Tribunale Vercelli  14 luglio 2006

 

In tema di privilegio speciale sui mobili inerente a crediti per le imposte sui redditi, l'art. 2759 c.c. (che riconosce privilegio speciale ai crediti per imposte sul reddito sui mobili strumentali all'esercizio dell'impresa e sulle merci relative, con collocamento al settimo posto nell'ordine dei privilegi sui mobili) limita l'efficacia del privilegio a due periodi di imposta e cioè ai due anni più recenti tra quelli in cui è sorto il credito tributario e che necessariamente debbono precedere il pignoramento (art. 2916, sub. 3, c.c.) da chiunque sia stata promossa l'esecuzione individuale o l'inizio dell'esecuzione collettiva (art. 44 e 52 l. fall.).

Cassazione civile sez. I  14 gennaio 1999 n. 330  

 

 

IRPEF

In tema di IRPEF, il principio, secondo cui il reddito di una società di persone è imputato a ciascun socio, indipendentemente dall'effettiva percezione ed in proporzione della quota di partecipazione (cosiddetta personalizzazione del debito d'imposta, prevista dall'art. 5 del d.P.R. 29 settembre 1973 n. 597 e poi ribadita nel testo unico approvato con d.P.R. 22 dicembre 1986 n. 917), non incide sull'autonomia patrimoniale della società rispetto al socio, con la conseguenza che la società medesima, in relazione all'imposta discendente a carico del socio dall'applicazione di detto principio, non può essere chiamata a rispondere, perché non è debitrice, nè può vedere i propri beni soggetti ai privilegi di cui agli art. 2752 e 2771 c.c., riguardanti il debitore (ed altresì si sottrae al privilegio speciale contemplato dall'art. 2759 c.c. su beni di terzi, non sussistendone i relativi presupposti).

Cassazione civile sez.
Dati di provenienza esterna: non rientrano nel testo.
-- ===== src/Auth/Schemas.antt =====
-- The validation of the forms that need no session: loginSchema.ts, signupSchema.ts,
-- passwordResetRequestSchema.ts and passwordResetSchema.ts of frontend/src/pages. A schema returns
-- its issues in order; a form shows the first one of a field. Whether a text is an e-mail address is
-- the schema library's.
use expense_saas.Prelude.{
  ℕ, String, Bool, true, List, [], ◌∷◌, ◌++◌, length, ltb, ◌≤◌, ◌≡◌, ◌↔◌, arith, if◌then◌else◌, ap,
}
use expense_saas.Texts.{Chars, same}
use expense_saas.Texts.RoundTrip.{same_iff}

pub data Field : Type 0 where
  company_name user_name email password new_password confirm_password : Field

abbrev pub Issues : Type 0
Issues = List (Field × String)

-- `.min(n, message)` and `.max(n, message)`
unfoldable pub min_issue : Field → ℕ → String → Chars → Issues
min_issue field n message s = if ltb (length s) n then (field, message) ∷ [] else []

unfoldable pub max_issue : Field → ℕ → String → Chars → Issues
max_issue field n message s = if ltb n (length s) then (field, message) ∷ [] else []

abbrev password_issues : Field → String → Chars → Issues
password_issues field missing s =
    min_issue field 1 missing s
    ++ min_issue field 8 "パスワードは8文字以上で入力してください" s
    ++ max_issue field 128 "パスワードは128文字以内で入力してください" s

pub record LoginInput : Type 0 where
  pub email : Chars
  pub password : Chars

pub record SignupInput : Type 0 where
  pub company_name : Chars
  pub user_name : Chars
  pub email : Chars
  pub password : Chars

-- The form of a new password, with the confirmation that is not sent.
pub record PasswordResetFormValues : Type 0 where
  pub new_password : Chars
  pub confirm_password : Chars

module _ (is_email : Chars → Bool) where
  abbrev email_issues : Chars → Issues
  email_issues s =
      min_issue email 1 "メールアドレスを入力してください" s
      ++ max_issue email 254 "メールアドレスは254文字以内で入力してください" s
      ++ (if is_email s then [] else (email, "有効なメールアドレスを入力してください") ∷ [])

  unfoldable pub login_schema : LoginInput → Issues
  unfolding min_issue max_issue
  login_schema v = email_issues v.email ++ password_issues password "パスワードを入力してください" v.password

  unfoldable pub signup_schema : SignupInput → Issues
  unfolding min_issue max_issue
  signup_schema v =
      min_issue company_name 1 "会社名を入力してください" v.company_name
      ++ max_issue company_name 200 "会社名は200文字以内で入力してください" v.company_name
      ++ min_issue user_name 1 "ユーザー名を入力してください" v.user_name
      ++ max_issue user_name 100 "ユーザー名は100文字以内で入力してください" v.user_name
      ++ email_issues v.email
      ++ password_issues password "パスワードを入力してください" v.password

  unfoldable pub password_reset_request_schema : Chars → Issues
  unfolding min_issue max_issue
  password_reset_request_schema s = email_issues s

-- The two fields are compared whatever their own issues are.
unfoldable pub password_reset_schema : PasswordResetFormValues → Issues
unfolding min_issue max_issue same
password_reset_schema v =
    password_issues new_password "新しいパスワードを入力してください" v.new_password
    ++ min_issue confirm_password 1 "確認用パスワードを入力してください" v.confirm_password
    ++ (if same v.new_password v.confirm_password
        then []
        else (confirm_password, "パスワードが一致しません") ∷ [])

-- A text has at least `a` and at most `b` code units.
abbrev pub Between : ℕ → ℕ → Chars → Type 0
Between a b s = (a ≤ length s) × (length s ≤ b)

module _ (is_email : Chars → Bool) where
  -- The login form is accepted exactly if the address has at most 254 code units and is one, and
  -- the password has between 8 and 128.
  pub login_schema_iff :
      (v : LoginInput)
      → (login_schema is_email v ≡ [])
        ↔ (Between 1 254 v.email × (is_email v.email ≡ true) × Between 8 128 v.password)
  unfolding login_schema
  login_schema_iff v = ground arith

  signup_schema_iff :
      (v : SignupInput)
      → (signup_schema is_email v ≡ []) ↔ (
          Between 1 200 v.company_name
          × Between 1 100 v.user_name
          × Between 1 254 v.email
          × (is_email v.email ≡ true)
          × Between 8 128 v.password)
  unfolding signup_schema
  signup_schema_iff v = ground arith

length-eq : (s t : Chars) → s ≡ t → length s ≡ length t
length-eq s t = ap length

password_reset_schema_iff :
    (v : PasswordResetFormValues)
    → (password_reset_schema v ≡ [])
      ↔ (Between 8 128 v.new_password × (v.new_password ≡ v.confirm_password))
unfolding password_reset_schema
password_reset_schema_iff v =
    ground (
      arith,
      same_iff v.new_password v.confirm_password,
      length-eq v.new_password v.confirm_password,
    )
I  12 gennaio 1989 n. 87  

 

 

Esecuzione fiscale

Va dichiarata manifestamente infondata, in riferimento all'art. 53 cost., la questione di legittimità costituzionale dell'art. 65, comma 1 d.P.R. 602/73 nel combinato disposto con gli art. 2759 c.c. e 514 c.p.c., nella parte in cui, in tema di credito dello Stato per omesso versamento delle imposte IRPEF ritenute alla fonte, ammette la pignorabilità dei beni strumentali dell'azienda in quanto su di essi il fisco ha privilegio (nella specie, il giudice ha rinvenuto la fonte del privilegio fiscale e della conseguente pignorabilità in quanto l'imposta deve essere ritenuta alla fonte e si giustifica col fatto che l'imprenditore si sottrae, col non versare l'imposta che trattiene sulla busta dei dipendenti, ai suoi doveri e, in particolare, al più generale dovere di solidarietà tributaria).

Pretura S.Giovanni V.  12 luglio 1982

 

 

Fallimento

Non è manifestamente infondata la questione di legittimità costituzionale dell'art. 2759 c.c. in relazione all'art. 3 cost., nella parte in cui tale disposizione, attribuendo al credito di rivalsa I.V.A. presso il committente di un servizio riguardante beni immobili un privilegio speciale senza che sussista "ab origine" il bene su cui la prelazione possa essere esercitata, determina una disparità di trattamento rispetto ai creditori per I.V.A. di rivalsa verso il cessionario.

Tribunale Milano  16 giugno 1980

 

Il privilegio speciale mobiliare che, a norma dell'art. 2759 c.c., assiste i crediti dello Stato per l'imposta sul reddito delle persone fisiche, dovuta per i due anni anteriori a quello in cui si procede, limitatamente all'imposta o alla quota d'imposta imputabile al reddito d'impresa, ha per oggetto i mobili che servono all'esercizio di imprese commerciali e le merci che si trovano nel locale adibito all'esercizio stesso o nell'abitazione dell'impresa esercitata da una società di persone, regolare o di fatto, nonostante che debitori della relativa imposta siano i soci a ciascuno dei quali il reddito è imputato in proporzione alla quota di partecipazione agli utili.